> **TASK STATEMENT**
Beneath this instruction is a listing. Transcribe from it only the stretch from the line with "header_bytes = 8" through the line with "abbrev pub frame_request : ℕ", both end lines included, exactly as written.

> **EXCERPTED RECORDS**
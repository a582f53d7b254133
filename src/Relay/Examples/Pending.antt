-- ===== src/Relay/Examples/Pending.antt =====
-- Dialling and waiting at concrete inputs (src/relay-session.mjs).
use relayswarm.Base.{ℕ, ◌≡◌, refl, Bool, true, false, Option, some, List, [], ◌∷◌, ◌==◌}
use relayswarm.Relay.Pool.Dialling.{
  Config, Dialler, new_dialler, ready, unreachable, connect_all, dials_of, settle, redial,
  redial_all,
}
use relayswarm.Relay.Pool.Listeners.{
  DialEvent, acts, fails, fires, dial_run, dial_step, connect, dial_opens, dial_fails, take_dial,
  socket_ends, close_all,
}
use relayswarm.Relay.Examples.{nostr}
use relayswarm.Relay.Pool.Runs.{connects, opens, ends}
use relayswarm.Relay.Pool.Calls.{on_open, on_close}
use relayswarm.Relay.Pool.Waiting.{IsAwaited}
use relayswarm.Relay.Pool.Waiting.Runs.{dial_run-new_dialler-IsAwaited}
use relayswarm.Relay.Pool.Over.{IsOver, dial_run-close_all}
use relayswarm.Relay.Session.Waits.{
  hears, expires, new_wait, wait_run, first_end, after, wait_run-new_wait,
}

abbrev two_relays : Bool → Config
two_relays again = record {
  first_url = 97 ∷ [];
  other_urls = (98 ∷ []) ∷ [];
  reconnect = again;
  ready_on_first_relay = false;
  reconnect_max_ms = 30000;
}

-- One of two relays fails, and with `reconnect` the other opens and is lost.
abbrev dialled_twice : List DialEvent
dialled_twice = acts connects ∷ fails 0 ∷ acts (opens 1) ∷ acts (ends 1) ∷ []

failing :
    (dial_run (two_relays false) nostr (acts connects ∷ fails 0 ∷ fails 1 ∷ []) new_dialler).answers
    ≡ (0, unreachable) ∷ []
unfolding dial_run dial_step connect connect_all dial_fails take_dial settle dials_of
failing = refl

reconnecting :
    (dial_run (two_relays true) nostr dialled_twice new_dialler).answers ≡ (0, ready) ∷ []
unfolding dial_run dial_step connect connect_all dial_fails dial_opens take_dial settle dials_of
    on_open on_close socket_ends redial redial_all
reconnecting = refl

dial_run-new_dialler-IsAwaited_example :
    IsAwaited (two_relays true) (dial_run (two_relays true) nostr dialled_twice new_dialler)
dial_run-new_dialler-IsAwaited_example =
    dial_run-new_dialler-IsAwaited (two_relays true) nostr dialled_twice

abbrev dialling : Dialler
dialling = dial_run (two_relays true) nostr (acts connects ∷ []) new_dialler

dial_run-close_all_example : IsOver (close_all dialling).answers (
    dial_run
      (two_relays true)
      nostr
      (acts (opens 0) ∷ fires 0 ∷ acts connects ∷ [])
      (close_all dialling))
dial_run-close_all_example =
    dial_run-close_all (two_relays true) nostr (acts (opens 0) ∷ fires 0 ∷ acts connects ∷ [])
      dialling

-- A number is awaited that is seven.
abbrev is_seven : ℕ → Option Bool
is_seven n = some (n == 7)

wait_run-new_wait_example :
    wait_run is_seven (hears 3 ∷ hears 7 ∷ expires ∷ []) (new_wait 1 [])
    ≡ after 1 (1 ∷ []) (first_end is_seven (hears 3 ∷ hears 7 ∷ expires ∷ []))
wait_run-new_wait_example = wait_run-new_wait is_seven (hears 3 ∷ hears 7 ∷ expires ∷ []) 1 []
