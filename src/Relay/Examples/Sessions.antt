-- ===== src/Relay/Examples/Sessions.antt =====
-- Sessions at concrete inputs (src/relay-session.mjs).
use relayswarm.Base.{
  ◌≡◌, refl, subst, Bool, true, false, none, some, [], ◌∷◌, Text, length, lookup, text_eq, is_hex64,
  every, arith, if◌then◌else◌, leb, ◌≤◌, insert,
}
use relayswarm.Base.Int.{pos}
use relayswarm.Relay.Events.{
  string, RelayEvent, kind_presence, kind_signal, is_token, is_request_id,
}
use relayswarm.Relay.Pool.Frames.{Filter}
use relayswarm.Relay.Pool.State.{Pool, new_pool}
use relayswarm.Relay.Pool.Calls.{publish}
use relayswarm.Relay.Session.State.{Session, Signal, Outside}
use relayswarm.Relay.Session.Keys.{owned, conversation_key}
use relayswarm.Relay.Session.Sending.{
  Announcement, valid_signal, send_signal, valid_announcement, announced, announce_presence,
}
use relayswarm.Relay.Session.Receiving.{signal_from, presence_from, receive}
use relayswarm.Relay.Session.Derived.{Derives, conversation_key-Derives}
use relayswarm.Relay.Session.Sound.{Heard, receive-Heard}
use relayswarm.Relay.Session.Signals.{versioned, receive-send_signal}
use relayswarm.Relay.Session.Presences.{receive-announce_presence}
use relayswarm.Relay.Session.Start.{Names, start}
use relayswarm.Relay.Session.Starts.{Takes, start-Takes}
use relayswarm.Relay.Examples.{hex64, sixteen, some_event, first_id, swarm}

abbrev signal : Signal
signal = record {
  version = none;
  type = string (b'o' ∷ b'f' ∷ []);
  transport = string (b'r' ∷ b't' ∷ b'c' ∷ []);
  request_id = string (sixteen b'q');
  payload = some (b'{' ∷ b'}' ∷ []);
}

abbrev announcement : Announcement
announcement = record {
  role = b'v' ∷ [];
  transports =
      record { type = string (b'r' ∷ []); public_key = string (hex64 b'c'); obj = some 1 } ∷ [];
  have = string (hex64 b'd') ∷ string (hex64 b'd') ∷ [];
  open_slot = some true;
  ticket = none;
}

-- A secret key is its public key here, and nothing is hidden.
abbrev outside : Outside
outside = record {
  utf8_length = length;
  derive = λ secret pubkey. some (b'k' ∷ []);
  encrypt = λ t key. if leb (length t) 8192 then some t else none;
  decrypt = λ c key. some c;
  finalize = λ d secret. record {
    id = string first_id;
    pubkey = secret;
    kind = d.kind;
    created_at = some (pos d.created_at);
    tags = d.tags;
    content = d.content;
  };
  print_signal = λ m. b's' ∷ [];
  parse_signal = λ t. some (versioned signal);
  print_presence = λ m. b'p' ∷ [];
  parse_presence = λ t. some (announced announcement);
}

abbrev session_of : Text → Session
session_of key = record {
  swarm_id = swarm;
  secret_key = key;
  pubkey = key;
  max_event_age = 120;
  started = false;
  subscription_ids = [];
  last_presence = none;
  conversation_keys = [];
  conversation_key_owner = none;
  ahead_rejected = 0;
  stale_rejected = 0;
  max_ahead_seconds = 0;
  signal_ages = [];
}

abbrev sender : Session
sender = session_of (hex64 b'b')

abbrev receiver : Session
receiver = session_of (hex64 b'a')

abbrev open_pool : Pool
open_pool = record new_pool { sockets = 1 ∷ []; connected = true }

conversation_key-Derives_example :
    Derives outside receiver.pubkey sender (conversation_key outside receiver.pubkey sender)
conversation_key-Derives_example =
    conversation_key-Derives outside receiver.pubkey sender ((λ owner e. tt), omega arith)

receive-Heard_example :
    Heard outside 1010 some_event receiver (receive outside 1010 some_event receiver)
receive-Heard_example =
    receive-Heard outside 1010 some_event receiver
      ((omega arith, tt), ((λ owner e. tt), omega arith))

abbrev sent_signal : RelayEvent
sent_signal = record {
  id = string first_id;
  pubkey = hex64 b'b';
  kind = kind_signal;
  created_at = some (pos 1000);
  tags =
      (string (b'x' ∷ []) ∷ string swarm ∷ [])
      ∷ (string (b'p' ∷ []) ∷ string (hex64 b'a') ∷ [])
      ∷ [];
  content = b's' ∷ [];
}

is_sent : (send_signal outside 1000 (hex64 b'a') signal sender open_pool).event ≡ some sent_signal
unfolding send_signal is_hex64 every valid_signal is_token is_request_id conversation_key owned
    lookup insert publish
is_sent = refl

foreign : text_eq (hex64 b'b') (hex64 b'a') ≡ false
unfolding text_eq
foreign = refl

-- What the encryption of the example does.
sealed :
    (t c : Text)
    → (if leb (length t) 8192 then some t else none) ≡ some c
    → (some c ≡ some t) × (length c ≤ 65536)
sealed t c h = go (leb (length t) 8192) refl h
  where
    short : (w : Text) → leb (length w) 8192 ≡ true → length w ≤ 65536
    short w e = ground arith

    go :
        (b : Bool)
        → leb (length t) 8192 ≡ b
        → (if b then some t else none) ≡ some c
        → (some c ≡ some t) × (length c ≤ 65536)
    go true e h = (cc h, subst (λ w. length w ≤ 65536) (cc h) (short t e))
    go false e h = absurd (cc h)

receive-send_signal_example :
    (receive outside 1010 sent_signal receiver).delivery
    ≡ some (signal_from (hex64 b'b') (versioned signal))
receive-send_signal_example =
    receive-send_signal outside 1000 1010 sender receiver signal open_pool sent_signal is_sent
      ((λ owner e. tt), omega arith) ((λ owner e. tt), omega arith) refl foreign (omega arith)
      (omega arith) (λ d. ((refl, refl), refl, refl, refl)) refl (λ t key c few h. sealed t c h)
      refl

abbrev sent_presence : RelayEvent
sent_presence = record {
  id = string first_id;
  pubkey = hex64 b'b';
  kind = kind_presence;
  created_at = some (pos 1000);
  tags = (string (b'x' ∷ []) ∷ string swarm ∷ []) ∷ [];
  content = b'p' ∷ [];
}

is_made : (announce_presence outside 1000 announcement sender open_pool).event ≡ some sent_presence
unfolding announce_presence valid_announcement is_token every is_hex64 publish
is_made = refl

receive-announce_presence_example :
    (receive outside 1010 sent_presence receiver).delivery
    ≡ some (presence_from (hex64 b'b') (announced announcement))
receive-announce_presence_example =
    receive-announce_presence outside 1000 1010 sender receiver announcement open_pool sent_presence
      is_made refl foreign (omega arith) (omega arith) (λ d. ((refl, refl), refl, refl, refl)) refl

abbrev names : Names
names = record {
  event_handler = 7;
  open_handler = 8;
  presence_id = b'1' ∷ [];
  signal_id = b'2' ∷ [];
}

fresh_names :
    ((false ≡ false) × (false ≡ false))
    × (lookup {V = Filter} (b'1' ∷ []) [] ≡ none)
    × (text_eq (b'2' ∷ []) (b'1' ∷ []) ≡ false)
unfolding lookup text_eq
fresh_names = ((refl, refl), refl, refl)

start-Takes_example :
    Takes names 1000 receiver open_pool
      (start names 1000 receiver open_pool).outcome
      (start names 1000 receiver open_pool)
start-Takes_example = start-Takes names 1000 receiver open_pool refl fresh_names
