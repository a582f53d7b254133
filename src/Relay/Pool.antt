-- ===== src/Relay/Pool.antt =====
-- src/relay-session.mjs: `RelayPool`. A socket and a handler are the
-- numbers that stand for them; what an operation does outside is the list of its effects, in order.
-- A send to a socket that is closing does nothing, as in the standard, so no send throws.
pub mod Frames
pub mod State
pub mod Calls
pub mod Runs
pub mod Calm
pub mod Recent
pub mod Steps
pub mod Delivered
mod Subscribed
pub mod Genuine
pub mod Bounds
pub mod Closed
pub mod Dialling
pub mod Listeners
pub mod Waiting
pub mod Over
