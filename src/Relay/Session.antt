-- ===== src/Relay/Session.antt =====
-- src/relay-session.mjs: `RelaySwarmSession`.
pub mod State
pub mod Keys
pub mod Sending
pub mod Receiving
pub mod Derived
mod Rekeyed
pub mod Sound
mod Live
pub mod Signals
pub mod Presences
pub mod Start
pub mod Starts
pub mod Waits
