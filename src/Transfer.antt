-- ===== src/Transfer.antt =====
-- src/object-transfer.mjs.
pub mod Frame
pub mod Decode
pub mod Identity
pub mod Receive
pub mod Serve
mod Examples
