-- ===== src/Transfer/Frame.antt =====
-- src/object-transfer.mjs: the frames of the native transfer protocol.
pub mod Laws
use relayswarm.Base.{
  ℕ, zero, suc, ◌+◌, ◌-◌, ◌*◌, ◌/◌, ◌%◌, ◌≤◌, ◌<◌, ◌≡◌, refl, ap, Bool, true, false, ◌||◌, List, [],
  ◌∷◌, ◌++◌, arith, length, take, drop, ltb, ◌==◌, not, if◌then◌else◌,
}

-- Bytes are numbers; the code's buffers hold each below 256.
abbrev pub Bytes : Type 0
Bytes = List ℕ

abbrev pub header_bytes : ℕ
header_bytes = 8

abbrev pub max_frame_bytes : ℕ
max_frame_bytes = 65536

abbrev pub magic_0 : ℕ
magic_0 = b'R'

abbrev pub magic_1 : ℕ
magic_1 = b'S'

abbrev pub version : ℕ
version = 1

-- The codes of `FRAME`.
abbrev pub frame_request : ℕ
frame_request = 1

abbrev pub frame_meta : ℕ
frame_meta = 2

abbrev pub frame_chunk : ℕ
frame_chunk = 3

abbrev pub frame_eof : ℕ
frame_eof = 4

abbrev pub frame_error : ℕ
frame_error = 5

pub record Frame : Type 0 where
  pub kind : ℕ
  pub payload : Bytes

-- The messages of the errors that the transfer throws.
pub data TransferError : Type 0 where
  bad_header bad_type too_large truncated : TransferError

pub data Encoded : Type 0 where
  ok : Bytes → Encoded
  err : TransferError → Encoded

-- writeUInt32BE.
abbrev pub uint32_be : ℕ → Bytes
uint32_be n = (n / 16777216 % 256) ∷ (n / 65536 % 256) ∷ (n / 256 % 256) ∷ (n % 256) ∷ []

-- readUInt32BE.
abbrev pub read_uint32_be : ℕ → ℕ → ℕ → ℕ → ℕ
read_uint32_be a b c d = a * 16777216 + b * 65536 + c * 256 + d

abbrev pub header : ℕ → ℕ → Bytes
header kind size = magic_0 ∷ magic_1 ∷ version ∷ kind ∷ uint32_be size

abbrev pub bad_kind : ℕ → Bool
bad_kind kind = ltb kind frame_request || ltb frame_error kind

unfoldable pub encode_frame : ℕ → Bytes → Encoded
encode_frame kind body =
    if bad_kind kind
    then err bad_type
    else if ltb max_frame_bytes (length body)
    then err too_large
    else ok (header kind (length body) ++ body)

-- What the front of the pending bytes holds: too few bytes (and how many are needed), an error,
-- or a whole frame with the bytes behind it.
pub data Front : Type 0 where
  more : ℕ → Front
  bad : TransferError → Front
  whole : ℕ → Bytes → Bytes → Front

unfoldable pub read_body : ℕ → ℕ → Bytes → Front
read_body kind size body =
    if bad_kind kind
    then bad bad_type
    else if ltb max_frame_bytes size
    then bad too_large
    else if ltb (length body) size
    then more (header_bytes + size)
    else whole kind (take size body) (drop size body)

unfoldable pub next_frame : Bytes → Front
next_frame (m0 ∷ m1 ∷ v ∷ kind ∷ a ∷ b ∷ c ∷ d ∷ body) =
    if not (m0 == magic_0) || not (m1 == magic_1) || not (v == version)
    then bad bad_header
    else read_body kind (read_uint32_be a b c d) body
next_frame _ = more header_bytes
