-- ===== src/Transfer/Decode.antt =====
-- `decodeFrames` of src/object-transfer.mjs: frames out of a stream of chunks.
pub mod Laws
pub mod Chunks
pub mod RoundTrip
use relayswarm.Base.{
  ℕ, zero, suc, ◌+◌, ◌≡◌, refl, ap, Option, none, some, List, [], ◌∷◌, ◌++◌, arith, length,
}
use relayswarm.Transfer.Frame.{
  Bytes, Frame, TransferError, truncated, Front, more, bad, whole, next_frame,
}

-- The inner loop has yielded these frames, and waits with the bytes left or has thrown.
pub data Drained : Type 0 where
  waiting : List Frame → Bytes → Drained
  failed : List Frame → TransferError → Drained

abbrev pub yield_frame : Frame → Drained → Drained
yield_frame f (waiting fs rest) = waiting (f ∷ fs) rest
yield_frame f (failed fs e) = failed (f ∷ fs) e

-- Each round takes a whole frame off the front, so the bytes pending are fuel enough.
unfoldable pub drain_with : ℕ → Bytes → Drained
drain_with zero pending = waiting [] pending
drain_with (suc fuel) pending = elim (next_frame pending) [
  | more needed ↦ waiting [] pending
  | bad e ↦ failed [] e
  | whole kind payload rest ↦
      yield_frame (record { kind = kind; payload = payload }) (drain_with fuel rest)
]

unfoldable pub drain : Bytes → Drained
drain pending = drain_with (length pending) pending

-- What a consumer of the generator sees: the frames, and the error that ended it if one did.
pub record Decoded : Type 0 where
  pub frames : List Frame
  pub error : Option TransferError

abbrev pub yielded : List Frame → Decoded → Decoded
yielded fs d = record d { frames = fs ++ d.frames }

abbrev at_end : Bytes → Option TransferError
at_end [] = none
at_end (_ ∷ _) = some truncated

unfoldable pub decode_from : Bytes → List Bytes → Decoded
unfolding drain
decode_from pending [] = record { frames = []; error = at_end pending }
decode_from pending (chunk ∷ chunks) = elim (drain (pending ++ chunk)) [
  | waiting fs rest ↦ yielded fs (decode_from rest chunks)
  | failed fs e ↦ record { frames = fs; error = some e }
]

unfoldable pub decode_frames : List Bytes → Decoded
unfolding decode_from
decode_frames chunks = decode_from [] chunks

> **ANSWER SPACE**
header_bytes = 8

abbrev pub max_frame_bytes : ℕ
max_frame_bytes = 65536

abbrev pub magic_0 : ℕ
magic_0 = b'R'

abbrev pub magic_1 : ℕ
magic_1 = b'S'

abbrev pub version : ℕ
version = 1

-- The codes of `FRAME`.
abbrev pub frame_request : ℕ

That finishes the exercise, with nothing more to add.